Work item.
Determine how many lines of the entries that follow contain "acknowledged", and respond with that number alone.

Saved data entries.
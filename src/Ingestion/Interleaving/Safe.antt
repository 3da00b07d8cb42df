-- ===== src/Ingestion/Interleaving/Safe.antt =====
-- What holds however the handlers' steps interleave.
use webhook_idp.Common.{
  ℕ, ◌+◌, ◌≤◌, ◌≡◌, refl, sym, ap, ◌∙◌, subst, Bool, false, Option, none, some, List, [], ◌∷◌, ◌++◌,
  arith, All, All-append, All-map, All-split,
}
use webhook_idp.Common.Text.{Text}
use webhook_idp.Common.Exec.{Result, ok, err}
use webhook_idp.Ingestion.Inbox.{Json, InboxRecord}
use webhook_idp.Ingestion.Store.{Exception, InboxRepository}
use webhook_idp.Ingestion.Ingest.{World, upsert}
use webhook_idp.Ingestion.Runtime.{Validators, ConsumeMessage, ack, nack, settlement}
use webhook_idp.Ingestion.Guarantees.{upsert-there}
use webhook_idp.Ingestion.Interleaving.{
  storing, replied, Task, Answer, System, result_of, prepare, Step, received, refused, stored,
  answered, Reach, here, next, inserts_task, inserts_answer, sum, insertions,
}
use webhook_idp.Ingestion.Interleaving.Calls.{sum-append, IsStored, held, fills, prepare-db}

module _ (repo : InboxRepository) (v : Validators) (json_parse : Text → Option Json) where
  -- What the database holds of a task whose call has returned, and of what was acknowledged.
  abbrev pub IsTaskStored : repo.Db → Task → Type 0
  IsTaskStored db task =
      (r : InboxRecord) (inserted : Bool)
      → task.phase ≡ replied r (ok inserted)
      → IsStored repo db r.dedup_key.value

  abbrev pub IsAnswerStored : repo.Db → Answer → Type 0
  IsAnswerStored db answer =
      (tag : ℕ)
      → answer.settlement ≡ ack tag
      → (r : InboxRecord) × (inserted : Bool) × (answer.call ≡ some (r, ok inserted))
        × IsStored repo db r.dedup_key.value

  pub record IsSafe (s : System repo.Db) : Type 0 where
    pub waiting : All (IsTaskStored s.world.db) s.under_way
    pub acknowledged : All (IsAnswerStored s.world.db) s.answers
    pub once : (key : Text) → insertions key s ≤ held (repo.stored s.world.db key)

  tasks-kept :
      (db db' : repo.Db) (tasks : List Task)
      → ((key : Text) → IsStored repo db key → IsStored repo db' key)
      → All (IsTaskStored db) tasks
      → All (IsTaskStored db') tasks
  tasks-kept db db' tasks k h =
      All-map (IsTaskStored db) (IsTaskStored db') tasks
        (λ t there r inserted e. k r.dedup_key.value (there r inserted e)) h

  answers-kept :
      (db db' : repo.Db) (answers : List Answer)
      → ((key : Text) → IsStored repo db key → IsStored repo db' key)
      → All (IsAnswerStored db) answers
      → All (IsAnswerStored db') answers
  answers-kept db db' answers k h =
      All-map (IsAnswerStored db) (IsAnswerStored db') answers
        (λ a there tag e.
          let (r, inserted, call, held_) = there tag e in
          (r, inserted, call, k r.dedup_key.value held_))
        h

  replied-stored :
      (db : repo.Db) (tag : ℕ) (r : InboxRecord)
      → IsTaskStored
          (repo.upsert_by_dedup_key r db).1
          (record { tag = tag; phase = replied r (repo.upsert_by_dedup_key r db).0 })
  replied-stored db tag r q inserted e =
      let same : r ≡ q = cc e in
      let done : (repo.upsert_by_dedup_key r db).0 ≡ ok inserted = cc e in
      let (doc, there, _) = upsert-there repo r db inserted done in
      subst (λ x. IsStored repo (repo.upsert_by_dedup_key r db).1 x.dedup_key.value) same
        (doc, there)

  answer-stored :
      (db : repo.Db) (tag : ℕ) (r : InboxRecord) (reply : Result Exception Bool)
      → IsTaskStored db (record { tag = tag; phase = replied r reply })
      → IsAnswerStored db (record {
        settlement = settlement v json_parse repo tag (result_of r reply);
        call = some (r, reply);
      })
  unfolding result_of
  answer-stored db tag r (ok inserted) there t e = (r, inserted, refl, there r inserted refl)
  answer-stored db tag r (err thrown) there t e = absurd (ground arith)

  received-IsSafe :
      (s : System repo.Db) (msg : ConsumeMessage) (r : InboxRecord)
      → IsSafe s
      → IsSafe
          (record s { under_way = s.under_way ++ record { tag = msg.tag; phase = storing r } ∷ [] })
  unfolding insertions inserts_task sum
  received-IsSafe s msg r safe =
      let task : Task = record { tag = msg.tag; phase = storing r } in
      record {
        waiting =
            All-append (IsTaskStored s.world.db) s.under_way (task ∷ []) safe.waiting
              ((λ q inserted e. absurd (ground arith)), tt);
        acknowledged = safe.acknowledged;
        once = λ key.
            omega (arith, sum-append (inserts_task key) s.under_way (task ∷ []), safe.once key);
      }

  refused-IsSafe :
      (s : System repo.Db) (msg : ConsumeMessage)
      → IsSafe s
      → IsSafe (record s {
        answers = s.answers ++ record { settlement = nack msg.tag false false; call = none } ∷ [];
      })
  unfolding insertions inserts_answer sum
  refused-IsSafe s msg safe =
      let answer : Answer = record { settlement = nack msg.tag false false; call = none } in
      record {
        waiting = safe.waiting;
        acknowledged =
            All-append (IsAnswerStored s.world.db) s.answers (answer ∷ []) safe.acknowledged
              ((λ tag e. absurd (ground arith)), tt);
        once = λ key.
            omega (arith, sum-append (inserts_answer key) s.answers (answer ∷ []), safe.once key);
      }

  stored-IsSafe :
      (s : System repo.Db) (before after : List Task) (tag : ℕ) (r : InboxRecord)
      → s.under_way ≡ before ++ record { tag = tag; phase = storing r } ∷ after
      → IsSafe s
      → IsSafe (record s {
        world = (upsert repo r s.world).1;
        under_way =
            before ++ record { tag = tag; phase = replied r (upsert repo r s.world).0 } ∷ after;
      })
  unfolding insertions inserts_task sum
  stored-IsSafe s before after tag r same safe =
      let db = s.world.db in
      let db' = (repo.upsert_by_dedup_key r db).1 in
      let old : Task = record { tag = tag; phase = storing r } in
      let new : Task = record { tag = tag; phase = replied r (repo.upsert_by_dedup_key r db).0 } in
      let kept : (key : Text) → IsStored repo db key → IsStored repo db' key =
        λ key (doc, there). (doc, repo.upsert-keeps r db key doc there) in
      let (b, (_, a)) =
        All-split (IsTaskStored db) before (old ∷ after)
          (subst (All (IsTaskStored db)) same safe.waiting) in
      record {
        waiting =
            All-append (IsTaskStored db') before (new ∷ after) (tasks-kept db db' before kept b)
              (replied-stored db tag r, tasks-kept db db' after kept a);
        acknowledged = answers-kept db db' s.answers kept safe.acknowledged;
        once = λ key.
            let was =
              ap (sum (inserts_task key)) same
              ∙ sum-append (inserts_task key) before (old ∷ after) in
            omega (
              arith,
              was,
              sum-append (inserts_task key) before (new ∷ after),
              safe.once key,
              fills repo key r db,
            );
      }

  answered-IsSafe :
      (s : System repo.Db) (before after : List Task) (tag : ℕ) (r : InboxRecord)
      (reply : Result Exception Bool)
      → s.under_way ≡ before ++ record { tag = tag; phase = replied r reply } ∷ after
      → IsSafe s
      → IsSafe (record s {
        under_way = before ++ after;
        answers =
            s.answers
            ++ record {
              settlement = settlement v json_parse repo tag (result_of r reply);
              call = some (r, reply);
            }
              ∷ [];
      })
  unfolding insertions inserts_task inserts_answer sum
  answered-IsSafe s before after tag r reply same safe =
      let db = s.world.db in
      let old : Task = record { tag = tag; phase = replied r reply } in
      let answer : Answer = record {
        settlement = settlement v json_parse repo tag (result_of r reply);
        call = some (r, reply);
      } in
      let (b, (x, a)) =
        All-split (IsTaskStored db) before (old ∷ after)
          (subst (All (IsTaskStored db)) same safe.waiting) in
      record {
        waiting = All-append (IsTaskStored db) before after b a;
        acknowledged =
            All-append (IsAnswerStored db) s.answers (answer ∷ []) safe.acknowledged
              (answer-stored db tag r reply x, tt);
        once = λ key.
            let was =
              ap (sum (inserts_task key)) same
              ∙ sum-append (inserts_task key) before (old ∷ after) in
            omega (
              arith,
              was,
              sum-append (inserts_task key) before after,
              sum-append (inserts_answer key) s.answers (answer ∷ []),
              safe.once key,
            );
      }

  at_world :
      (s : System repo.Db) (w : World repo.Db)
      → w.db ≡ s.world.db
      → IsSafe s
      → IsSafe (record s { world = w })
  unfolding insertions
  at_world s w same safe = record {
    waiting = subst (λ db. All (IsTaskStored db) s.under_way) (sym same) safe.waiting;
    acknowledged = subst (λ db. All (IsAnswerStored db) s.answers) (sym same) safe.acknowledged;
    once = λ key.
        subst
          (λ db.
            sum (inserts_task key) s.under_way + sum (inserts_answer key) s.answers
            ≤ held (repo.stored db key))
          (sym same) (safe.once key);
  }

  Step-IsSafe : {s t : System repo.Db} → Step v json_parse repo s t → IsSafe s → IsSafe t
  Step-IsSafe {s} (received msg r ready) safe =
      at_world _ (prepare v json_parse repo msg s.world).1
        (prepare-db repo v json_parse msg s.world) (received-IsSafe s msg r safe)
  Step-IsSafe {s} (refused msg e thrown) safe =
      at_world _ (prepare v json_parse repo msg s.world).1
        (prepare-db repo v json_parse msg s.world) (refused-IsSafe s msg safe)
  Step-IsSafe {s} (stored before after tag r same) safe =
      stored-IsSafe s before after tag r same safe
  Step-IsSafe {s} (answered before after tag r reply same) safe =
      answered-IsSafe s before after tag r reply same safe

  -- However the handlers of the messages interleave, from a worker with no handler under way and
  -- nothing answered: an event whose message was acknowledged is stored, one whose call of the
  -- database has returned is stored, and under each dedup key at most one insertion is reported, and
  -- none if nothing is stored there.
  pub Reach-IsSafe :
      (w : World repo.Db) (s : System repo.Db)
      → Reach v json_parse repo (record { world = w; under_way = []; answers = [] }) s
      → IsSafe s
  unfolding insertions sum
  Reach-IsSafe w s here = record { waiting = tt; acknowledged = tt; once = λ key. omega arith }
  Reach-IsSafe w s (next {t} before step) = Step-IsSafe step (Reach-IsSafe w t before)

Exercise output.
11